鄢澜笑了,“那应该不会发生,我好怕长跑。”
“你都好吗?还没回答我。”
“嗯,挺好的,没事,你那边呢?都安全吗?”
“安全,我回去的机票订好了,四天后的,到时案子估计能到哪一步?”
“明早初次出庭,鉴于被告已被羁押,下一步传讯应该会很快,你回来时可能会走到这一步。”
“嗯……我现在就希望卡罗尔他们追捕阿尔萨德一伙人的动作再快一点,这样我就不用再担心你的安全。”
“不用担心,他们把我保护得很好,”鄢澜看了眼表,立马算出了香港时间,“还早,你再睡会儿,好吗?”
“好吧,那亲一下。”利曼珊对着说话口给了她一个轻吻*。
鄢澜笑着闭上眼睛,电话挂了。
利曼珊的电话刚挂,妮可的短信便冲了进来:Sam!见鬼了!你不敢相信我在媒体的线人跟我说了什么!
这觉是没法继续睡了,利曼珊叹了口气,回拨了电话。
“Sam?我以为你在睡觉,特意没有打电话给你。
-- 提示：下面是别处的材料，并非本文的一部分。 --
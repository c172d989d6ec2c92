-- ===== src/Trie/Order.antt =====
-- Tries in the order of their keys, as the map that `trie_t` is keeps them, and their copies.
use vislcg.Base.{ℕ, ◌<◌, ◌≡◌, refl, sym, ap, ◌∙◌, Bool, arith}
use vislcg.Trie.{empty, entry, Trie, set_node, copy_onto, trie_copy}

abbrev pub Above : ℕ → Trie → Type 0
Above k empty = Unit {0}
Above k (entry key terminal child rest) = k < key

abbrev pub IsSorted : Trie → Type 0
IsSorted empty = Unit {0}
IsSorted (entry key terminal child rest) = Above key rest × IsSorted child × IsSorted rest

abbrev pub join : Trie → Trie → Trie
join empty later = later
join (entry key terminal child rest) later = entry key terminal child (join rest later)

-- Every key is below the number.
abbrev pub Below : Trie → ℕ → Type 0
Below empty k = Unit {0}
Below (entry key terminal child rest) k = (key < k) × Below rest k

pub Below-trans : (trie : Trie) (k k' : ℕ) → Below trie k → k < k' → Below trie k'
Below-trans empty k k' b h = tt
Below-trans (entry key t c rest) k k' (l, b) h = (omega (arith, l, h), Below-trans rest k k' b h)

pub set_node-join :
    (k : ℕ) (t : Bool) (c trie : Trie)
    → Below trie k
    → set_node k t c trie ≡ join trie (entry k t c empty)
unfolding set_node
set_node-join k t c empty b = refl
set_node-join k t c (entry key t' c' rest) (l, b) = ground (arith, l, set_node-join k t c rest b)

pub join-join : (a b c : Trie) → join (join a b) c ≡ join a (join b c)
join-join empty b c = refl
join-join (entry k t d rest) b c = ap (entry k t d) (join-join rest b c)

pub join-empty : (a : Trie) → join a empty ≡ a
join-empty empty = refl
join-empty (entry k t d rest) = ap (entry k t d) (join-empty rest)

pub Below-join :
    (trie : Trie) (k k' : ℕ) (t : Bool) (c : Trie)
    → Below trie k
    → k < k'
    → Below (join trie (entry k t c empty)) k'
Below-join empty k k' t c b h = (h, tt)
Below-join (entry key t' c' rest) k k' t c (l, b) h =
    (omega (arith, l, h), Below-join rest k k' t c b h)

-- What is copied next comes after all that has been copied.
abbrev pub Follows : Trie → Trie → Type 0
Follows done empty = Unit {0}
Follows done (entry key t c rest) = Below done key

pub Follows-next :
    (done rest : Trie) (key : ℕ) (t : Bool) (c : Trie)
    → Below done key
    → Above key rest
    → Follows (join done (entry key t c empty)) rest
Follows-next done empty key t c b a = tt
Follows-next done (entry key' t' c' rest) key t c b a = Below-join done key key' t c b a

pub first-Follows : (trie : Trie) → Follows empty trie
first-Follows empty = tt
first-Follows (entry key t c rest) = tt

copy_onto-join :
    (done trie : Trie) → IsSorted trie → Follows done trie → copy_onto done trie ≡ join done trie
unfolding copy_onto
copy_onto-join done empty s f = sym (join-empty done)
copy_onto-join done (entry key t c rest) (a, sc, sr) f =
    rw (copy_onto-join empty c sc (first-Follows c), set_node-join key t c done f)
      (copy_onto-join (join done (entry key t c empty)) rest sr (Follows-next done rest key t c f a)
        ∙ join-join done (entry key t c empty) rest)

-- A copy of a sorted trie is the trie.
pub trie_copy_lem : (trie : Trie) → IsSorted trie → trie_copy trie ≡ trie
unfolding trie_copy
trie_copy_lem trie s = copy_onto-join empty trie s (first-Follows trie)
”
“正好醒了,什么事?”
“OMG!听说有一位联邦检察官被羁押了!而且据说牵涉到了我们的收购案!”
“……媒体知道了?”
“明天上午九点初庭,估计媒体一个都不会少,他们不能进去,但一定都围在外面报告……所以你知道这件事?是因为收购案吗?”
“嗯……很复杂,我现在不好透露。”
“明白了,天呐天呐!如果曝出有联邦检察官背后操纵,我们就可以向FTC和法庭申请重启收购了。”
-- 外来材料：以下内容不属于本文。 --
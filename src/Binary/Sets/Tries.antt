-- ===== src/Binary/Sets/Tries.antt =====
-- A trie of a binary grammar is read back as it was written.
use vislcg.Base.{
  length, ℕ, zero, suc, ◌≤◌, ◌<◌, max, ◌≡◌, refl, sym, ap, ◌∙◌, Bool, true, false, some, arith,
  word,
}
use vislcg.Trie.{empty, entry, Trie, child_at, size}
use vislcg.Trie.Order.{
  IsSorted, join, Below, set_node-join, join-join, join-empty, Follows, Follows-next, first-Follows,
}
use vislcg.Binary.{Bytes, pure, put8, put32, read32, Restores, then_lem, read32-put32, read8-put8}
use vislcg.Binary.Fields.{nonzero}
use vislcg.Binary.Sets.{TagTable, bool_byte, trie_serialize, trie_unserialize, put_trie, read_trie}

-- The tags of a trie are the grammar's, each level of it is sorted, and its sizes fit a word.
abbrev pub IsWritable : TagTable → Trie → Type 0
IsWritable tags empty = Unit {0}
IsWritable tags (entry key terminal child rest) =
    (tags.number_of key < word)
    × (tags.hash_at (tags.number_of key) ≡ key)
    × (size child < word)
    × IsWritable tags child
    × IsWritable tags rest

abbrev pub depth : Trie → ℕ
depth empty = 0
depth (entry key terminal child rest) = max (suc (depth child)) (depth rest)

nonzero-bool_byte : (b : Bool) → nonzero (bool_byte b) ≡ b
unfolding nonzero bool_byte
nonzero-bool_byte true = refl
nonzero-bool_byte false = refl

child_at-Below : (k : ℕ) (trie : Trie) → Below trie k → child_at k trie ≡ empty
unfolding child_at
child_at-Below k empty b = refl
child_at-Below k (entry key t c rest) (l, b) = ground (arith, l, child_at-Below k rest b)

-- The nodes of a trie are put behind those read before.
unserialize_lem :
    (tags : TagTable) (fuel : ℕ) (trie done : Trie)
    → IsWritable tags trie
    → IsSorted trie
    → Follows done trie
    → depth trie ≤ fuel
    → Restores
        (trie_unserialize tags fuel (size trie) done)
        (trie_serialize tags trie)
        (join done trie)
unfolding trie_unserialize trie_serialize size pure
unserialize_lem tags fuel empty done w s f d rest = ap (λ x. some (x, rest)) (sym (join-empty done))
unserialize_lem tags zero (entry key t c later) done w s f d rest = absurd (omega (arith, d))
unserialize_lem tags (suc fuel) (entry key t c later) done (nl, nh, cs, wc, wr) (a, sc, sr) f d
      rest =
    then_lem _ _ (read32-put32 (tags.number_of key) nl _) (
      then_lem _ _ (read8-put8 (bool_byte t) (unfold bool_byte in ground arith) _) (
        then_lem _ _ (read32-put32 (size c) cs _) (
          rw (nh, child_at-Below key done f)
            (then_lem _ _
              (unserialize_lem tags fuel c empty wc sc (first-Follows c) (omega (arith, d)) _)
              (rw (nonzero-bool_byte t, set_node-join key t c done f)
                (unserialize_lem tags (suc fuel) later (join done (entry key t c empty)) wr sr
                    (Follows-next done later key t c f a) (omega (arith, d)) rest
                  ∙ ap (λ x. some (x, rest)) (join-join done (entry key t c empty) later)))))))

trie_serialize-grows :
    (tags : TagTable) (trie : Trie) (rest : Bytes)
    → length rest ≤ length (trie_serialize tags trie rest)
unfolding trie_serialize put32 put8
trie_serialize-grows tags empty rest = omega arith
trie_serialize-grows tags (entry key t c later) rest = omega (
  arith,
  trie_serialize-grows tags later rest,
  trie_serialize-grows tags c (trie_serialize tags later rest),
)

depth-le :
    (tags : TagTable) (trie : Trie) (rest : Bytes)
    → depth trie ≤ length (trie_serialize tags trie rest)
unfolding trie_serialize put32 put8
depth-le tags empty rest = omega arith
depth-le tags (entry key t c later) rest = omega (
  arith,
  depth-le tags c (trie_serialize tags later rest),
  depth-le tags later rest,
  trie_serialize-grows tags c (trie_serialize tags later rest),
)

depth-put_trie :
    (tags : TagTable) (trie : Trie) (rest : Bytes) → depth trie ≤ length (put_trie tags trie rest)
unfolding put_trie put32
depth-put_trie tags trie rest = omega (arith, depth-le tags trie rest)

count_lem :
    (tags : TagTable) (trie : Trie)
    → size trie < word
    → (rest : Bytes)
    → read32 (put_trie tags trie rest) ≡ some (size trie, trie_serialize tags trie rest)
unfolding put_trie
count_lem tags trie l rest = read32-put32 (size trie) l _

-- A sorted trie of the grammar's tags that has been serialized is read back, whatever its depth: the length of the stream is fuel
-- enough.
pub read_trie-put_trie :
    (tags : TagTable) (trie : Trie)
    → IsWritable tags trie
    → IsSorted trie
    → size trie < word
    → Restores (read_trie tags) (put_trie tags trie) trie
unfolding read_trie
read_trie-put_trie tags trie w s l rest = then_lem _ _ (count_lem tags trie l rest) (
    unserialize_lem tags _ trie empty w s (first-Follows trie) (depth-put_trie tags trie rest) rest)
“可能得等案情走向相对清晰时,如果指向明显对我们有利,他们才会重新考虑吧。”
“嗯,我明白。”
挂了电话,利曼珊想了想,给卡罗尔发去一则消息:FYI,媒体已经获悉纪希颐被羁押,甚至挖到了跟收购案有关,你们有个准备。
卡罗尔刚放下和杰森的电话,正要找鄢澜,看到利曼珊的消息,想了想,叹了口气。
手机振了振,鄢澜睁开眼,是卡罗尔的消息:她同意了,我现在在你门外接你过去。
纪希颐为了这次和鄢澜的见面,让杰森无论如何帮她争取到一个东西:脱下囚服。
此时她破格换上了衬衫和西裤,跟在狱警身后走着,她低头看见脚上的球鞋,抬起头,将身板挺得更直了。
鄢澜通过卡罗尔申请了一间没有监控的房间,进来前她和纪希颐都要接受检查,确保没有携带任何可以威胁人身安全的东西。
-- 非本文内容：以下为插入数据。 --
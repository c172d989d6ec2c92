-- ===== src/Binary/Sets/RoundTrip.antt =====
-- A set of a binary grammar is read back as it was written.
use mathlib.Core.Path.{fun_ext}
use vislcg.Base.{if◌then◌else◌, ℕ, ◌<◌, ◌≡◌, refl, sym, ◌≢◌, Bool, true, false, [], arith, word}
use vislcg.Trie.{empty, entry, Trie, size}
use vislcg.Trie.Order.{IsSorted}
use vislcg.Binary.{
  Text, after, ◌>>=◌, pure, put8, read8, Restores, then_lem, read32-put32, read8-put8,
}
use vislcg.Binary.Fields.{
  Platform, Converts, nonzero, mask, bit, put_if, put_all, field, put_text, read_text, bit-mask,
  mask-lt, field-put_if, field-nonzero, read_text-put_text, IsVector, field-vector,
}
use vislcg.Binary.Sets.{
  TagTable, Set, st_static, trie_nonempty, has_tags, set_flags, put_tries, write_set, BothTries,
  read_tries, read_set_fields, read_set,
}
use vislcg.Binary.Sets.Tries.{IsWritable, read_trie-put_trie}

-- A trie that the format can hold.
pub record IsTrie (tags : TagTable) (trie : Trie) : Type 0 where
  pub writable : IsWritable tags trie
  pub sorted : IsSorted trie
  pub short : size trie < word

-- A set whose numbers fit their words and whose tries are sorted and of the grammar's tags. The format keeps the name of a set that
-- is `ST_STATIC` only.
pub record IsWrittenSet (pf : Platform) (tags : TagTable) (s : Set) : Type 0 where
  pub number : s.number < word
  pub type : s.type < 256
  pub trie : IsTrie tags s.trie
  pub trie_special : IsTrie tags s.trie_special
  pub set_ops : IsVector (λ (n : ℕ). n < word) s.set_ops
  pub sets : IsVector (λ (n : ℕ). n < word) s.sets
  pub name : Converts pf s.name
  pub static_name : bit s.type st_static ≡ true → s.name ≢ []
  pub other_name : bit s.type st_static ≡ false → s.name ≡ []

type_field :
    (n : ℕ) → n < 256 → Restores (field (nonzero n) 0 read8) (put_if (nonzero n) (put8 n)) n
unfolding nonzero
type_field n h = field-put_if _ _ _ _ n (λ e. read8-put8 n h) (λ e. ground arith)

name_field :
    (pf : Platform) (b : Bool) (s : Text)
    → Converts pf s
    → (b ≡ true → s ≢ [])
    → (b ≡ false → s ≡ [])
    → Restores (field b [] (read_text pf [])) (put_if b (put_text pf s)) s
name_field pf b s c h k =
    field-put_if b _ _ _ s (λ e. read_text-put_text pf [] s c (h e)) (λ e. sym (k e))

size-zero : (trie : Trie) → trie_nonempty trie ≡ false → trie ≡ empty
unfolding trie_nonempty size nonzero
size-zero empty e = refl
size-zero (entry key t c rest) e = absurd (ground (arith, e))

abbrev both : Trie → Trie → BothTries
both t t' = record { trie = t; trie_special = t' }

no_tries :
    (t t' : Trie)
    → (if trie_nonempty t then true else trie_nonempty t') ≡ false
    → both empty empty ≡ both t t'
no_tries t t' e = rw (size-zero t (ground (arith, e)), size-zero t' (ground (arith, e))) refl

tries_field :
    (tags : TagTable) (s : Set)
    → IsTrie tags s.trie
    → IsTrie tags s.trie_special
    → Restores
        (field (has_tags s) (both empty empty) (read_tries tags))
        (put_if (has_tags s) (put_tries tags s))
        (both s.trie s.trie_special)
unfolding has_tags read_tries put_tries pure
tries_field tags s w w' =
    field-put_if _ _ _ _ _
      (λ e rest. then_lem _ _ (read_trie-put_trie tags s.trie w.writable w.sorted w.short _) (
        then_lem _ _ (read_trie-put_trie tags s.trie_special w'.writable w'.sorted w'.short rest)
          refl))
      (no_tries s.trie s.trie_special)

-- A well-formed set that has been written is read back, and reading stops where the set ends.
pub read_set-write_set :
    (pf : Platform) (tags : TagTable) (s : Set)
    → IsWrittenSet pf tags s
    → Restores (read_set pf tags) (write_set pf tags s) s
unfolding read_set write_set set_flags put_all pure read_set_fields ◌>>=◌ after field
read_set-write_set pf tags s w rest =
    rw
      (
        read32-put32 (mask (set_flags s)) (omega (arith, mask-lt (set_flags s))),
        fun_ext (bit-mask (set_flags s)),
        field-nonzero s.number w.number,
        type_field s.type w.type,
        tries_field tags s w.trie w.trie_special,
        field-vector s.set_ops w.set_ops,
        field-vector s.sets w.sets,
        name_field pf (bit s.type st_static) s.name w.name w.static_name w.other_name,
      )
      refl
纪希颐在门口被要求进行详细检查时,脸上露出讥讽的笑意,“你们怕我伤害她吗?”
搜身的狱警看了她一眼,“你的探视人申请了一间无监控房间,因此你和她都要接受检查。”
纪希颐蹙了下眉,没再说话。
门开了,鄢澜循声望去,和她料想得不同,纪希颐没有穿囚服,腰板挺得笔直,要不是手上的手铐提醒着她现在真正的身份,就像是来参加会议。
纪希颐一眼看到坐在椅子上等她的鄢澜,穿着件深蓝色的竖坑条开司米薄毛衣,曲线玲珑,单层高领,利落大方,深蓝色将脸衬得白皙到透明,浅灰的西裤,椅背上搭着件深灰色的大衣。